Saved data entries.
>>>>>
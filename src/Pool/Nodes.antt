-- ===== src/Pool/Nodes.antt =====
-- The list of the objects outside of the block.
use fast_http.Prelude.{
  ℕ, ◌≡◌, ◌≢◌, refl, sym, ap, ◌∙◌, Bool, true, false, ◌||◌, List, [], ◌∷◌, ◌++◌, arith, ◌==◌,
  ℕ_discrete,
}
use fast_http.Pool.{remove}
use fast_http.Pool.Held.{elem, Distinct}

equal_self : (x : ℕ) → (x == x) ≡ true
equal_self x = ground arith

unequal : (x y : ℕ) → x ≢ y → (x == y) ≡ false
unequal x y h = ground arith

differ : (x y : ℕ) → (x == y) ≡ false → x ≢ y
differ x y h e = absurd (ground (arith, h, e))

pub elem-added : (x : ℕ) (xs : List ℕ) → elem x (xs ++ x ∷ []) ≡ true
unfolding elem
elem-added x [] = rw (equal_self x) refl
elem-added x (y ∷ ys) = rw (elem-added x ys) (or_true (y == x))
  where
    or_true : (b : Bool) → (b || true) ≡ true
    or_true true = refl
    or_true false = refl

pub elem-added_other : (x y : ℕ) (xs : List ℕ) → y ≢ x → elem y (xs ++ x ∷ []) ≡ elem y xs
unfolding elem
elem-added_other x y [] h = rw (unequal x y (λ e. h (sym e))) refl
elem-added_other x y (z ∷ zs) h = ap (λ b. z == y || b) (elem-added_other x y zs h)

pub Distinct-added :
    (x : ℕ) (xs : List ℕ) → Distinct xs → elem x xs ≡ false → Distinct (xs ++ x ∷ [])
unfolding Distinct elem
Distinct-added x [] d h = (refl, tt)
Distinct-added x (y ∷ ys) (a, d) h = (
  elem-added_other x y ys (differ y x (not_first (y == x) h)) ∙ a,
  Distinct-added x ys d (not_later (y == x) h),
)
  where
    not_first : (b : Bool) → (b || elem x ys) ≡ false → b ≡ false
    not_first true h = cc
    not_first false h = refl

    not_later : (b : Bool) → (b || elem x ys) ≡ false → elem x ys ≡ false
    not_later true h = cc
    not_later false h = h

pub elem-remove_other : (x y : ℕ) (xs : List ℕ) → y ≢ x → elem y (remove x xs) ≡ elem y xs
unfolding elem remove
elem-remove_other x y [] h = refl
elem-remove_other x y (z ∷ zs) h = elim (ℕ_discrete z x) [
  | yes here ↦
      let test : (z == x) ≡ true = ground arith in
      let other : (z == y) ≡ false = ground arith in rw (test, other) refl
  | no there ↦
      let test : (z == x) ≡ false = ground arith in
      rw test (ap (λ b. z == y || b) (elem-remove_other x y zs h))
]

pub elem-remove : (x : ℕ) (xs : List ℕ) → Distinct xs → elem x (remove x xs) ≡ false
unfolding elem remove Distinct
elem-remove x [] d = refl
elem-remove x (z ∷ zs) (a, d) = elim (ℕ_discrete z x) [
  | yes here ↦
      let test : (z == x) ≡ true = ground arith in rw test (ap (λ k. elem k zs) (sym here) ∙ a)
  | no there ↦ let test : (z == x) ≡ false = ground arith in rw test (rw test (elem-remove x zs d))
]

pub Distinct-remove : (x : ℕ) (xs : List ℕ) → Distinct xs → Distinct (remove x xs)
unfolding elem remove Distinct
Distinct-remove x [] d = d
Distinct-remove x (z ∷ zs) (a, d) = elim (ℕ_discrete z x) [
  | yes here ↦ let test : (z == x) ≡ true = ground arith in rw test d
  | no there ↦
      let test : (z == x) ≡ false = ground arith in
      rw test (elem-remove_other x z zs there ∙ a, Distinct-remove x zs d)
]
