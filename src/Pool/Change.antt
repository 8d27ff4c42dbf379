-- ===== src/Pool/Change.antt =====
-- What changes for the holders of a pool's objects when one digit of its bitmap does.
use fast_http.Prelude.{
  ℕ, ◌-◌, ◌<◌, ◌≡◌, ◌≢◌, refl, sym, ap, ◌∙◌, true, false, ◌&&◌, List, arith, leb, ◌==◌, Bool-cases,
  inl, inr, ℕ_discrete,
}
use fast_http.Pool.{Pool, node_size, in_block}
use fast_http.Pool.Slots.{slot_digit, Differs}
use fast_http.Pool.Held.{
  IsValid, held, elem, slot_of, within_slot, slot_at, slot_at-InSlot, same_slot,
}

pub held-in_block :
    (p : Pool) (q : ℕ)
    → in_block p q ≡ true
    → held p q ≡ (within_slot p q == 0 && slot_digit p.bits (slot_of p q) == 1)
unfolding held
held-in_block p q h = rw h refl

pub held_outside :
    (p : Pool) (q : ℕ)
    → in_block p q ≡ false
    → held p q ≡ (leb node_size q && elem (q - node_size) p.head)
unfolding held
held_outside p q h = rw h refl

-- An object of the block is given out if its digit is set.
pub held-slot_at :
    {p : Pool} (k : ℕ)
    → IsValid p
    → k < p.capacity
    → held p (slot_at p k) ≡ (slot_digit p.bits k == 1)
held-slot_at {p} k valid low =
    let s = slot_at-InSlot k valid low in
    held-in_block p (slot_at p k) s.inside
    ∙ (ap (λ n. n == 0 && slot_digit p.bits (slot_of p (slot_at p k)) == 1) s.aligned
        ∙ ap (λ n. slot_digit p.bits n == 1) s.number)

module _ (p : Pool) (l : ℕ) {bits' : List ℕ} {k v : ℕ} (valid : IsValid p) (low : k < p.capacity)
    (d : Differs p.bits bits' k v) where
  abbrev after : Pool
  after = record p { last = l; bits = bits' }

  pub held-changed : held (record p { last = l; bits = bits' }) (slot_at p k) ≡ (v == 1)
  held-changed =
      let s = slot_at-InSlot k valid low in
      held-in_block after (slot_at p k) s.inside
      ∙ (ap (λ n. n == 0 && slot_digit bits' (slot_of p (slot_at p k)) == 1) s.aligned
          ∙ (ap (λ n. slot_digit bits' n == 1) s.number ∙ ap (λ n. n == 1) d.at_k))

  pub held-unchanged :
      (q : ℕ) → q ≢ slot_at p k → held (record p { last = l; bits = bits' }) q ≡ held p q
  held-unchanged q other = elim (Bool-cases (in_block p q)) [
    | inr out ↦ held_outside after q out ∙ sym (held_outside p q out)
    | inl inside ↦
        held-in_block after q inside
        ∙ (go inside (ℕ_discrete (within_slot p q) 0) ∙ sym (held-in_block p q inside))
  ]
    where
      go :
          in_block p q ≡ true
          → Dec (within_slot p q ≡ 0)
          → (within_slot p q == 0 && slot_digit bits' (slot_of p q) == 1)
            ≡ (within_slot p q == 0 && slot_digit p.bits (slot_of p q) == 1)
      go inside (yes aligned) =
          ap (λ n. within_slot p q == 0 && n == 1)
            (d.elsewhere (slot_of p q)
              (λ e. other (same_slot p q inside aligned ∙ ap (slot_at p) e)))
      go inside (no not_aligned) =
          let test : (within_slot p q == 0) ≡ false = ground arith in rw test refl
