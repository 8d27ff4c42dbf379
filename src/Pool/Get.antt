-- ===== src/Pool/Get.antt =====
-- `pool_get` of pool.c.
use fast_http.Prelude.{
  ℕ, zero, suc, ◌+◌, ◌-◌, ◌*◌, ◌/◌, ◌%◌, ◌^◌, ◌≤◌, ◌<◌, ◌≡◌, ◌≢◌, refl, sym, ap, ◌∙◌, Bool, true,
  false, ◌&&◌, none, some, List, [], ◌∷◌, ◌++◌, arith, bit_or, u32, leb, ◌==◌, length, drop, set,
  get_or, inl, inr, Bool-cases, every_below, every_below_passes, dec_le, dec_lt, length-drop,
}
use native.Mathlib.Nat.{mul-le-mul_right}
use fast_http.Prelude.Bits.{bit_or-disjoint}
use fast_http.Prelude.Digits.{digit}
use fast_http.Pool.{Pool, node_size, first, in_block, find_free, pool_get}
use fast_http.Pool.Words.{AllWords, Found, NoneFree, find_free_lem}
use fast_http.Pool.Slots.{slot_digit, taken, get_or-set_ne}
use fast_http.Pool.Held.{IsValid, held, elem, slot_at, slot_at-InSlot}
use fast_http.Pool.Nodes.{elem-added, elem-added_other, Distinct-added}
use fast_http.Pool.Change.{held-changed, held-unchanged, held-slot_at, held-in_block, held_outside}

-- What a call returns for an object that was free.
pub record Gets (p : Pool) (result : Pool × ℕ) : Type 0 where
  pub after : Pool
  pub object : ℕ
  pub returns : result ≡ (after, object)
  pub valid : IsValid after
  pub was_free : held p object ≡ false
  pub is_held : held after object ≡ true
  pub others : (q : ℕ) → q ≢ object → held after q ≡ held p q

get_or-drop : (n : ℕ) (l : List ℕ) (m : ℕ) → get_or (drop n l) m 0 ≡ get_or l (n + m) 0
get_or-drop zero l m = ap (λ k. get_or l k 0) {x = m} {y = 0 + m} (omega arith)
get_or-drop (suc n) [] m = refl
get_or-drop (suc n) (x ∷ l) m =
    get_or-drop n l m ∙ ap (λ k. get_or (x ∷ l) k 0) {x = suc (n + m)} {y = suc n + m} (omega arith)

AllWords-drop : (n : ℕ) (l : List ℕ) → AllWords l → AllWords (drop n l)
AllWords-drop zero l w = w
AllWords-drop (suc n) [] w = w
AllWords-drop (suc n) (x ∷ l) (a, w) = AllWords-drop n l w

-- The words in front of the place where the search ended are full.
full_up_to :
    {p : Pool} (n : ℕ)
    → IsValid p
    → ((m : ℕ) → m < n → get_or (drop p.last p.bits) m 0 ≡ 0xffff_ffff)
    → (m : ℕ) → m < p.last + n
    → get_or p.bits m 0 ≡ 0xffff_ffff
full_up_to {p} n v full m h = elim (dec_lt m p.last) [
  | yes before ↦ v.full m before
  | no behind ↦
      ap (λ k. get_or p.bits k 0) {x = m} {y = p.last + (m - p.last)} (omega arith)
      ∙ (sym (get_or-drop p.last p.bits (m - p.last)) ∙ full (m - p.last) (omega arith))
]

slot-returns :
    (p : Pool) (entry i j : ℕ)
    → find_free (drop p.last p.bits) p.last ≡ some (i, j, 2 ^ j)
    → first p + u32 (bit_or (i * 2 ^ 5) j * p.size) ≡ slot_at p (i * 32 + j)
    → pool_get p entry ≡ (
      record p { last = i; bits = set p.bits i (bit_or (get_or p.bits i 0) (2 ^ j)) },
      slot_at p (i * 32 + j),
    )
unfolding pool_get
slot-returns p entry i j e place =
    rw (pool_get, e)
      (ap
        (λ a. (record p { last = i; bits = set p.bits i (bit_or (get_or p.bits i 0) (2 ^ j)) }, a))
        place)

-- The code's address of an object is where that object lies.
address :
    {p : Pool} (i j : ℕ)
    → IsValid p
    → j < 32
    → i * 32 + j < p.capacity
    → first p + u32 (bit_or (i * 2 ^ 5) j * p.size) ≡ slot_at p (i * 32 + j)
address {p} i j v low inside =
    let number : bit_or (i * 2 ^ 5) j * p.size ≡ (i * 32 + j) * p.size =
      ap (λ n. n * p.size) (bit_or-disjoint 5 i j low) in
    let below : (i * 32 + j) * p.size ≤ p.capacity * p.size =
      mul-le-mul_right {m = i * 32 + j} {n = p.capacity} p.size (omega arith) in
    omega (arith, number, below, v.fits, v.whole)

-- An object of the block.
get_slot :
    {p : Pool} (entry : ℕ)
    → IsValid p
    → Found (drop p.last p.bits) p.last (find_free (drop p.last p.bits) p.last)
    → Gets p (pool_get p entry)
get_slot {p} entry v w =
    let i = p.last + w.n in
    let k = i * 32 + w.j in
    let within : i < length p.bits =
      omega (arith, w.within, length-drop p.last p.bits, v.last_in) in
    let low : k < p.capacity = omega (arith, w.low, v.whole) in
    let d = taken p.bits i w.j within w.low in
    let word : get_or p.bits (k / 32) 0 ≡ get_or (drop p.last p.bits) w.n 0 =
      ap (λ n. get_or p.bits n 0) {x = k / 32} {y = i} (omega (arith, w.low))
      ∙ sym (get_or-drop p.last p.bits w.n) in
    let clear : slot_digit p.bits k ≡ 0 =
      ap (digit (get_or p.bits (k / 32) 0)) {x = k % 32} {y = w.j} (omega (arith, w.low))
      ∙ (ap (λ b. digit b w.j) word ∙ w.free) in
    record {
      after = record p { last = i; bits = set p.bits i (bit_or (get_or p.bits i 0) (2 ^ w.j)) };
      object = slot_at p k;
      returns = slot-returns p entry i w.j w.returns (address i w.j v w.low low);
      valid = record {
        whole = omega (arith, v.whole, d.same_length);
        fits = v.fits;
        sized = v.sized;
        words = d.words v.words;
        last_in = omega (arith, d.same_length);
        full = λ m h. get_or-set_ne p.bits i m _ (omega arith) ∙ full_up_to w.n v w.full_before m h;
        distinct = v.distinct;
      };
      was_free = held-slot_at k v low ∙ ap (λ n. n == 1) clear;
      is_held = held-changed p i v low d;
      others = held-unchanged p i v low d;
    }

abbrev grown : Pool → ℕ → Pool
grown p entry = record p { last = p.capacity / 2 ^ 5; head = p.head ++ entry ∷ [] }

node-returns :
    (p : Pool) (entry : ℕ)
    → find_free (drop p.last p.bits) p.last ≡ none
    → pool_get p entry ≡ (grown p entry, entry + node_size)
unfolding pool_get
node-returns p entry e = rw (pool_get, e) refl

-- An object of its own.
get_node :
    {p : Pool} (entry : ℕ)
    → IsValid p
    → in_block p (entry + node_size) ≡ false
    → elem entry p.head ≡ false
    → NoneFree (drop p.last p.bits) (find_free (drop p.last p.bits) p.last)
    → Gets p (pool_get p entry)
get_node {p} entry v out new w = record {
  after = record p { last = p.capacity / 2 ^ 5; head = p.head ++ entry ∷ [] };
  object = entry + node_size;
  returns = node-returns p entry w.returns;
  valid = record {
    whole = v.whole;
    fits = v.fits;
    sized = v.sized;
    words = v.words;
    last_in = omega (arith, v.whole);
    full = λ m h.
        full_up_to (length (drop p.last p.bits)) v w.full m
          (omega (arith, v.whole, length-drop p.last p.bits, v.last_in));
    distinct = Distinct-added entry p.head v.distinct new;
  };
  was_free = held_outside p (entry + node_size) out ∙ (node p.head ∙ new);
  is_held =
      held_outside (grown p entry) (entry + node_size) out
      ∙ (node (p.head ++ entry ∷ []) ∙ elem-added entry p.head);
  others = λ q other. elim (Bool-cases (in_block p q)) [
    | inl inside ↦ held-in_block (grown p entry) q inside ∙ sym (held-in_block p q inside)
    | inr outside ↦
        held_outside (grown p entry) q outside
        ∙ (same q other (dec_le 16 q) ∙ sym (held_outside p q outside))
  ];
}
  where
    node :
        (l : List ℕ)
        → (leb node_size (entry + node_size) && elem (entry + node_size - node_size) l)
          ≡ elem entry l
    node l =
        let test : leb 16 (entry + 16) ≡ true = ground arith in
        rw test (ap (λ n. elem n l) {x = entry + 16 - 16} {y = entry} (omega arith))

    same :
        (q : ℕ)
        → q ≢ entry + node_size
        → Dec (16 ≤ q)
        → (leb node_size q && elem (q - node_size) (p.head ++ entry ∷ []))
          ≡ (leb node_size q && elem (q - node_size) p.head)
    same q other (yes enough) =
        ap (λ b. leb node_size q && b) (elem-added_other entry (q - 16) p.head (omega arith))
    same q other (no small) = let test : leb 16 q ≡ false = ground arith in rw test refl

-- `pool_get` of a well-formed pool gives out an object that was not given out and leaves every other as
-- it was, and the pool well formed, where `malloc` gives a node that is neither in the block nor in the list.
pub pool_get_lem :
    {p : Pool} (entry : ℕ)
    → IsValid p
    → in_block p (entry + node_size) ≡ false
    → elem entry p.head ≡ false
    → Gets p (pool_get p entry)
pool_get_lem {p} entry v out new =
    elim (find_free_lem (drop p.last p.bits) p.last (AllWords-drop p.last p.bits v.words)) [
      | inl w ↦ get_node entry v out new w
      | inr w ↦ get_slot entry v w
    ]

all_digits : every_below (λ j. digit 0xffff_ffff j == 1) 32 ≡ true
unfolding every_below digit
all_digits = refl

-- While an object of a well-formed pool's block is free, `pool_get` gives out one of the block and leaves
-- `malloc` alone.
pub pool_get-in_block :
    {p : Pool} (entry k : ℕ)
    → IsValid p
    → k < p.capacity
    → held p (slot_at p k) ≡ false
    → in_block p (pool_get p entry).1 ≡ true
pool_get-in_block {p} entry k v low free =
    elim (find_free_lem (drop p.last p.bits) p.last (AllWords-drop p.last p.bits v.words)) [
      | inr w ↦
          let within : p.last + w.n < length p.bits =
            omega (arith, w.within, length-drop p.last p.bits, v.last_in) in
          let low' : (p.last + w.n) * 32 + w.j < p.capacity = omega (arith, w.low, v.whole) in
          let place = address (p.last + w.n) w.j v w.low low' in
          let s = slot_at-InSlot ((p.last + w.n) * 32 + w.j) v low' in
          ap (λ o. in_block p o.1) (slot-returns p entry (p.last + w.n) w.j w.returns place)
          ∙ s.inside
      | inl w ↦
          let word =
            full_up_to (length (drop p.last p.bits)) v w.full (k / 32)
              (omega (arith, v.whole, length-drop p.last p.bits, v.last_in)) in
          let set : held p (slot_at p k) ≡ true =
            held-slot_at k v low
            ∙ (ap (λ b. digit b (k % 32) == 1) word
                ∙ every_below_passes (λ j. digit 0xffff_ffff j == 1) {k = k % 32} 32 all_digits
                    (omega arith)) in
          absurd (contradiction set free)
    ]
  where
    contradiction : {b : Bool} → b ≡ true → b ≡ false → ⊥
    contradiction h h' = cc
<<<<<
Lines containing the string "zero" are the ones to copy from the entries above.

  ℕ, zero, suc, ◌+◌, ◌-◌, ◌*◌, ◌/◌, ◌%◌, ◌^◌, ◌≤◌, ◌<◌, ◌≡◌, ◌≢◌, refl, sym, ap, ◌∙◌, Bool, true,
get_or-drop zero l m = ap (λ k. get_or l k 0) {x = m} {y = 0 + m} (omega arith)
AllWords-drop zero l w = w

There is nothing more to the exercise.